Dataset entries:
▬▬▬▬▬▬▬▬▬▬

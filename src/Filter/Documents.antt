-- ===== src/Filter/Documents.antt =====
-- e-util/e-rule-context.c: the rules of a context as a document, for contexts whose sets are all kept by
-- e_rule_context_add_rule and e_rule_context_next_rule. Reading and writing the file is left to
-- e_xml_parse_file and e_xml_save_file.
use e_mail_factory.Base.{
  ℕ, suc, Text, codes, text_eq, text_beq, if◌then◌else◌, Bool, false, ◌||◌, List, [], ◌∷◌, length,
  Option, none, some,
}
use e_mail_factory.Filter.{ElementClass, FilterRule, RuleContext}
use e_mail_factory.Filter.Rules.{rule_new}
use e_mail_factory.Filter.Contexts.{add_rule}
use e_mail_factory.Filter.Walks.{visit_rules}
use e_mail_factory.Filter.Xml.{Xml, element, XmlList, nil, cons, node_name, node_children, Titles}
use e_mail_factory.Filter.Files.{ElementXml, rule_xml_encode, rule_xml_decode}

-- Whether a set of this name is in the table of the sets.
abbrev pub has_set : Text → List Text → Bool
has_set name [] = false
has_set name (set ∷ sets) = text_beq set name || has_set name sets

module _ {ℓ} {E : Type ℓ} ⦃c : ElementClass E⦄ ⦃x : ElementXml E⦄ (titles : Titles) where
  -- The rules that are written, those of the system left out.
  unfoldable pub encode_rules : List (ℕ × FilterRule E) → XmlList
  encode_rules [] = nil
  encode_rules ((a, rule) ∷ rules) =
      let rest = encode_rules rules in
      if rule.system then rest else cons (rule_xml_encode titles rule) rest

  -- The sets of the document; `none` means that the loop over the rules would not end.
  unfoldable pub encode_sets : List (ℕ × FilterRule E) → List Text → Option XmlList
  encode_sets rules [] = some nil
  encode_sets rules (set ∷ sets) = elim (visit_rules (suc (length rules)) rules none none) [
    | none ↦ none
    | some visited ↦ elim (encode_sets rules sets) [
      | none ↦ none
      | some rest ↦ some (cons (element set [] [] (encode_rules visited)) rest)
    ]
  ]

  -- rule_context_save, up to the file: the document
  unfoldable pub rule_context_save : List Text → RuleContext E → Option Xml
  rule_context_save sets context = elim (encode_sets context.rules sets) [
    | none ↦ none
    | some children ↦ some (element (codes "filteroptions") [] [] children)
  ]

  module _ (part_addresses : ℕ → ℕ → ℕ) (rule_addresses : ℕ → ℕ) (threads : Bool) where
    -- One round of the inner loop of rule_context_load; `none` means that it reads a missing attribute.
    unfoldable pub load_rule : Xml → RuleContext E → Option (RuleContext E)
    load_rule node context =
        if text_beq (node_name node) (codes "rule")
        then elim (rule_xml_decode titles (part_addresses (length context.rules)) context threads
            node rule_new) [
              | none ↦ none
              | some rule ↦ some (add_rule (rule_addresses (length context.rules)) rule context)
            ]
        else some context

    unfoldable pub load_rules : XmlList → RuleContext E → Option (RuleContext E)
    load_rules nil context = some context
    load_rules (cons node nodes) context = elim (load_rule node context) [
      | none ↦ none
      | some loaded ↦ load_rules nodes loaded
    ]

    -- The loop over the sets of the user's document in rule_context_load.
    unfoldable pub load_sets : List Text → XmlList → RuleContext E → Option (RuleContext E)
    load_sets sets nil context = some context
    load_sets sets (cons set nodes) context =
        if has_set (node_name set) sets
        then elim (load_rules (node_children set) context) [
          | none ↦ none
          | some loaded ↦ load_sets sets nodes loaded
        ]
        else load_sets sets nodes context

    -- The part of rule_context_load that reads the user's document, if there is one.
    unfoldable pub load_user : List Text → Option Xml → RuleContext E → Option (RuleContext E)
    load_user sets none context = some context
    load_user sets (some root) context = load_sets sets (node_children root) context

▬▬▬▬▬▬▬▬▬▬

▶ **HOW TO COMPLETE THIS TASK**: Give all the records again. Match them exactly.

▶ **ANSWER SECTION**:
filename src/Filter/Documents.antt
-- ===== src/Filter/Documents.antt =====
-- e-util/e-rule-context.c: the rules of a context as a document, for contexts whose sets are all kept by
-- e_rule_context_add_rule and e_rule_context_next_rule. Reading and writing the file is left to
-- e_xml_parse_file and e_xml_save_file.
use e_mail_factory.Base.{
  ℕ, suc, Text, codes, text_eq, text_beq, if◌then◌else◌, Bool, false, ◌||◌, List, [], ◌∷◌, length,
  Option, none, some,
}
use e_mail_factory.Filter.{ElementClass, FilterRule, RuleContext}
use e_mail_factory.Filter.Rules.{rule_new}
use e_mail_factory.Filter.Contexts.{add_rule}
use e_mail_factory.Filter.Walks.{visit_rules}
use e_mail_factory.Filter.Xml.{Xml, element, XmlList, nil, cons, node_name, node_children, Titles}
use e_mail_factory.Filter.Files.{ElementXml, rule_xml_encode, rule_xml_decode}

-- Whether a set of this name is in the table of the sets.
abbrev pub has_set : Text → List Text → Bool
has_set name [] = false
has_set name (set ∷ sets) = text_beq set name || has_set name sets

module _ {ℓ} {E : Type ℓ} ⦃c : ElementClass E⦄ ⦃x : ElementXml E⦄ (titles : Titles) where
  -- The rules that are written, those of the system left out.
  unfoldable pub encode_rules : List (ℕ × FilterRule E) → XmlList
  encode_rules [] = nil
  encode_rules ((a, rule) ∷ rules) =
      let rest = encode_rules rules in
      if rule.system then rest else cons (rule_xml_encode titles rule) rest

  -- The sets of the document; `none` means that the loop over the rules would not end.
  unfoldable pub encode_sets : List (ℕ × FilterRule E) → List Text → Option XmlList
  encode_sets rules [] = some nil
  encode_sets rules (set ∷ sets) = elim (visit_rules (suc (length rules)) rules none none) [
    | none ↦ none
    | some visited ↦ elim (encode_sets rules sets) [
      | none ↦ none
      | some rest ↦ some (cons (element set [] [] (encode_rules visited)) rest)
    ]
  ]

  -- rule_context_save, up to the file: the document
  unfoldable pub rule_context_save : List Text → RuleContext E → Option Xml
  rule_context_save sets context = elim (encode_sets context.rules sets) [
    | none ↦ none
    | some children ↦ some (element (codes "filteroptions") [] [] children)
  ]

  module _ (part_addresses : ℕ → ℕ → ℕ) (rule_addresses : ℕ → ℕ) (threads : Bool) where
    -- One round of the inner loop of rule_context_load; `none` means that it reads a missing attribute.
    unfoldable pub load_rule : Xml → RuleContext E → Option (RuleContext E)
    load_rule node context =
        if text_beq (node_name node) (codes "rule")
        then elim (rule_xml_decode titles (part_addresses (length context.rules)) context threads
            node rule_new) [
              | none ↦ none
              | some rule ↦ some (add_rule (rule_addresses (length context.rules)) rule context)
            ]
        else some context

    unfoldable pub load_rules : XmlList → RuleContext E → Option (RuleContext E)
    load_rules nil context = some context
    load_rules (cons node nodes) context = elim (load_rule node context) [
      | none ↦ none
      | some loaded ↦ load_rules nodes loaded
    ]

    -- The loop over the sets of the user's document in rule_context_load.
    unfoldable pub load_sets : List Text → XmlList → RuleContext E → Option (RuleContext E)
    load_sets sets nil context = some context
    load_sets sets (cons set nodes) context =
        if has_set (node_name set) sets
        then elim (load_rules (node_children set) context) [
          | none ↦ none
          | some loaded ↦ load_sets sets nodes loaded
        ]
        else load_sets sets nodes context

    -- The part of rule_context_load that reads the user's document, if there is one.
    unfoldable pub load_user : List Text → Option Xml → RuleContext E → Option (RuleContext E)
    load_user sets none context = some context
    load_user sets (some root) context = load_sets sets (node_children root) context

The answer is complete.